Weaver returned from the coast just in time to help Beech test the experimental cabin job. After a few flights it became apparent that engine induced vibration was beyond tolerable limits. Later on, the airframe was rebuilt and a single 280-hp Packard V12 installed.  A few test flights were then made, but performance was not exciting and the shortage of fuel for the high-compression Packard made it a poor choice for commercial purposes. Beech decided to try a 400-hp Liberty-12. By this time the machine had been christened the Laird Limousine. Shortly after putting in the Liberty, the expansion tank in the radiator exploded as Beech was taking off on a trial flight. The Limousine mushed in hard and was reduced to kindling and shredded fabric. Beech escaped unharmed, but the incident spelled finish for the airliner project. 

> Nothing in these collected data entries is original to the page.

-- ===== src/Data/Gaps/Acceptance.antt =====
-- Which series `partition_into_segments` accepts, and how that agrees with live validation.

use native.Mathlib.Nat.{mod-lt}
use native.Mathlib.Nat.{div-add-mod'}
use native.Mathlib.Nat.{div-eq-sub-div}
use native.Mathlib.Nat.{div-eq_of_lt}
use mathlib.Core.List.{append-nil}
use native.Mathlib.Decide.{dec_lt}
use mathlib.Core.List.{flatten}
use binance_testnet_trading.Base.{
  Bool-cases, List, Result-cases, String, [], arith, inl, inr, ok, refl, some, ℕ, ◌%◌, ◌*◌, ◌++◌,
  ◌+◌, ◌-◌, ◌/◌, ◌<◌, ◌==◌, ◌↔◌, ◌∷◌, ◌≡◌, ◌≢◌, ◌⊎◌,
}
use binance_testnet_trading.Data.{Candle, interval_to_ms}
use binance_testnet_trading.Data.Validation.Contiguity.{
  Behind, Behind-later, Follows, not_seen, validate_candle_sequence_accepts,
}
use binance_testnet_trading.Data.Gaps.{
  SegmentationResult, gap_between, note_gap, partition_into_segments, partition_loop, with_candle,
}
use binance_testnet_trading.Data.Gaps.Segments.{IsSplit, Run, partition_into_segments_splits}
use binance_testnet_trading.Data.Validation.{validate_candle_sequence}
use binance_testnet_trading.Base.Int.{negsuc, pos}

module _ {D : Type 0} where
  -- Each candle opens after the one before it.
  abbrev pub Ascends : Candle D → List (Candle D) → Type 0
  Ascends p [] = Unit {0}
  Ascends p (c ∷ cs) = (p.open_time_ms < c.open_time_ms) × Ascends c cs

  abbrev pub IsAscending : List (Candle D) → Type 0
  IsAscending [] = ⊥
  IsAscending (c ∷ cs) = Ascends c cs

  note_gap_returns :
      (gap : ℕ) (p c : Candle D) (acc : SegmentationResult D)
      → p.open_time_ms < c.open_time_ms
      → (next : SegmentationResult D) × (note_gap gap (some p) c acc ≡ ok next)
  unfolding note_gap
  note_gap_returns gap p c acc lt = elim (Bool-cases (c.open_time_ms - p.open_time_ms == gap)) [
    | inl follows ↦ (acc, ground arith)
    | inr apart ↦ (
      record { segments = acc.segments ++ [] ∷ []; gaps = acc.gaps ++ gap_between gap p c ∷ [] },
      ground arith,
    )
  ]

  partition_loop_returns :
      (gap : ℕ) (seen : List ℕ) (p : Candle D) (cs : List (Candle D)) (acc : SegmentationResult D)
      → Behind p.open_time_ms seen
      → Ascends p cs
      → (res : SegmentationResult D) × (partition_loop gap seen (some p) cs acc ≡ ok res)
  unfolding partition_loop
  partition_loop_returns gap seen p [] acc b a = (acc, refl)
  partition_loop_returns gap seen p (c ∷ cs) acc b a =
      let (next, stepped) = note_gap_returns gap p c acc a.0 in
      let later = Behind-later seen p.open_time_ms c.open_time_ms (omega arith) b in
      let (res, rest) =
        partition_loop_returns gap (c.open_time_ms ∷ seen) c cs (with_candle next c)
          (omega arith, later) a.1 in
      (res, rw (not_seen seen p.open_time_ms c b a.0, stepped) rest)

  partition_loop-Ascends :
      (gap : ℕ) (seen : List ℕ) (p : Candle D) (cs : List (Candle D)) (acc : SegmentationResult D)
      {res : SegmentationResult D}
      → partition_loop gap seen (some p) cs acc ≡ ok res
      → Ascends p cs
  unfolding partition_loop note_gap
  partition_loop-Ascends gap seen p [] acc e = tt
  partition_loop-Ascends gap seen p (c ∷ cs) acc {res = res} e =
      elim (Result-cases (note_gap gap (some p) c acc)) [
        | inl (next, en) ↦ (
          ground arith,
          partition_loop-Ascends gap (c.open_time_ms ∷ seen) c cs (with_candle next c) {res = res}
              (ground arith),
        )
        | inr (x, en) ↦ ground arith
      ]

  -- With a supported interval, `partition_into_segments` returns exactly when the series is not empty
  -- and its candles open in strictly increasing order; it raises otherwise.
  pub partition_into_segments_returns :
      (cs : List (Candle D)) (interval : String) {gap : ℕ}
      → interval_to_ms interval ≡ ok gap
      → ((res : SegmentationResult D) × (partition_into_segments cs interval ≡ ok res))
        ↔ IsAscending cs
  unfolding partition_into_segments partition_loop note_gap
  partition_into_segments_returns [] interval e = (λ h. ground (arith, h.1), λ h. elim h [ ])
  partition_into_segments_returns (c ∷ cs) interval {gap = gap} e =
      let first : SegmentationResult D = record { segments = (c ∷ []) ∷ []; gaps = [] } in
      rw e (
        (λ h. partition_loop-Ascends gap (c.open_time_ms ∷ []) c cs first {res = h.0} h.1),
        λ h. partition_loop_returns gap (c.open_time_ms ∷ []) c cs first (omega arith, tt) h,
      )

  Run-Follows :
      (gap : ℕ) (c : Candle D) (cs : List (Candle D)) (p : Candle D)
      → Run gap (c ∷ cs) p
      → Follows gap c cs
  Run-Follows gap c [] p r = tt
  Run-Follows gap c (d ∷ ds) p r = (r.0, Run-Follows gap d ds p r.1)

  IsSplit-one :
      (gap : ℕ) (ss : List (List (Candle D))) (p : Candle D)
      → IsSplit gap ss [] p
      → Run gap (flatten ss) p
  unfolding flatten
  IsSplit-one gap [] p h = elim h [ ]
  IsSplit-one gap (s ∷ []) p h = rw append-nil h
  IsSplit-one gap (s ∷ t ∷ ts) p h = elim h [ ]

  partition_loop-Follows :
      (gap : ℕ) (seen : List ℕ) (p : Candle D) (cs : List (Candle D)) (acc : SegmentationResult D)
      {res : SegmentationResult D}
      → Follows gap p cs
      → partition_loop gap seen (some p) cs acc ≡ ok res
      → res.gaps ≡ acc.gaps
  unfolding partition_loop note_gap
  partition_loop-Follows gap seen p [] acc f e = ground arith
  partition_loop-Follows gap seen p (c ∷ cs) acc {res = res} f e =
      partition_loop-Follows gap (c.open_time_ms ∷ seen) c cs (with_candle acc c) {res = res} f.1
        (ground arith)

  partition_into_segments-run :
      (c : Candle D) (cs : List (Candle D)) (interval : String) {gap : ℕ}
      {res : SegmentationResult D}
      → interval_to_ms interval ≡ ok gap
      → partition_into_segments (c ∷ cs) interval ≡ ok res
      → partition_loop gap
          (c.open_time_ms ∷ [])
          (some c)
          cs
          (record { segments = (c ∷ []) ∷ []; gaps = [] })
        ≡ ok res
  unfolding partition_into_segments partition_loop note_gap
  partition_into_segments-run c cs interval known e = ground arith

  partition_into_segments_returns-ne :
      (cs : List (Candle D)) (interval : String) {res : SegmentationResult D}
      → partition_into_segments cs interval ≡ ok res
      → cs ≢ []
  unfolding partition_into_segments
  partition_into_segments_returns-ne [] interval e h = ground arith
  partition_into_segments_returns-ne (c ∷ cs) interval e h = cc

  -- Where the research split returns, it has found no gap exactly when the live check accepts the same
  -- series for the same interval.
  pub partition-no_gaps_iff_validate :
      (cs : List (Candle D)) (interval : String) {res : SegmentationResult D}
      → partition_into_segments cs interval ≡ ok res
      → (res.gaps ≡ []) ↔ (validate_candle_sequence cs interval ≡ ok cs)
  partition-no_gaps_iff_validate [] interval {res = res} e =
      absurd (partition_into_segments_returns-ne [] interval {res = res} e refl)
  partition-no_gaps_iff_validate (c ∷ cs) interval {res = res} e =
      let (joined, found) = partition_into_segments_splits (c ∷ cs) interval e in
      let (gap, p, known, last, split) = found in
      let accepts = validate_candle_sequence_accepts (c ∷ cs) (c ∷ cs) interval known in
      (
        (λ h.
            let one : IsSplit gap res.segments [] p = rw h at split in
            let run : Run gap (c ∷ cs) p = rw joined at (IsSplit-one gap res.segments p one) in
            accepts.1 (refl, Run-Follows gap c cs p run)),
        λ h.
            partition_loop-Follows gap (c.open_time_ms ∷ []) c cs
              (record { segments = (c ∷ []) ∷ []; gaps = [] }) {res = res} (accepts.0 h).1
              (partition_into_segments-run c cs interval known e),
      )

  -- For a candle after `p` the record of the hole counts the whole intervals that are absent: the
  -- later candle opens that many intervals, and a rest shorter than one, after the expected time. If
  -- it opens less than one interval after `p`, the count is -1.
  pub missing_intervals_count :
      (gap : ℕ) (p c : Candle D)
      → 0 < gap
      → p.open_time_ms < c.open_time_ms
      → let g = gap_between gap p c in
        ((n rest : ℕ) × (g.missing_intervals ≡ pos n)
          × (c.open_time_ms ≡ g.expected_open_time_ms + n * gap + rest)
          × (rest < gap))
        ⊎ ((g.missing_intervals ≡ negsuc 0) × (c.open_time_ms < g.expected_open_time_ms))
  missing_intervals_count gap p c positive lt =
      let d = c.open_time_ms - p.open_time_ms in
      elim (dec_lt d gap) [
        | yes short ↦
            let none_whole : d / gap ≡ 0 = div-eq_of_lt short in
            inr (ground (arith, none_whole), omega arith)
        | no long ↦
            let e = d - gap in
            let whole : d / gap ≡ e / gap + 1 = div-eq-sub-div positive (omega arith) in
            let parts = div-add-mod' e gap in
            inl (e / gap, e % gap, ground (arith, whole), omega (arith, parts), mod-lt e positive)
      ]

During spring and summer of 1921, Swallows participated in numerous races and sporting events all across the country. Laird pilots picked up most of the prizes at the Wichita Aerial Tournament on Memorial Day; this sort of thing was repeated over and over again. Several weeks after the Kokomo meet in September, Weaver flew to Chicago, picked up Col. Charles Dickinson and continued on to New York for Aviation Day Mineola on October 16th. This outstanding flight provided further proof of the Swallow's dependability. More awards were collected in November at the International Aero Congress in Omaha and the Kansas City meet. 
At the Kokomo meet, Matty had left the impression that things in Wichita were going splendidly and outwardly it may have seemed that way. However, disagreements with respect to management and policy were apparently creating discord between the principals - Moellendick and Beech on one side, Laird and Weaver on the other. As an indirect result Moellendick let Buck Weaver go at the end of the year. 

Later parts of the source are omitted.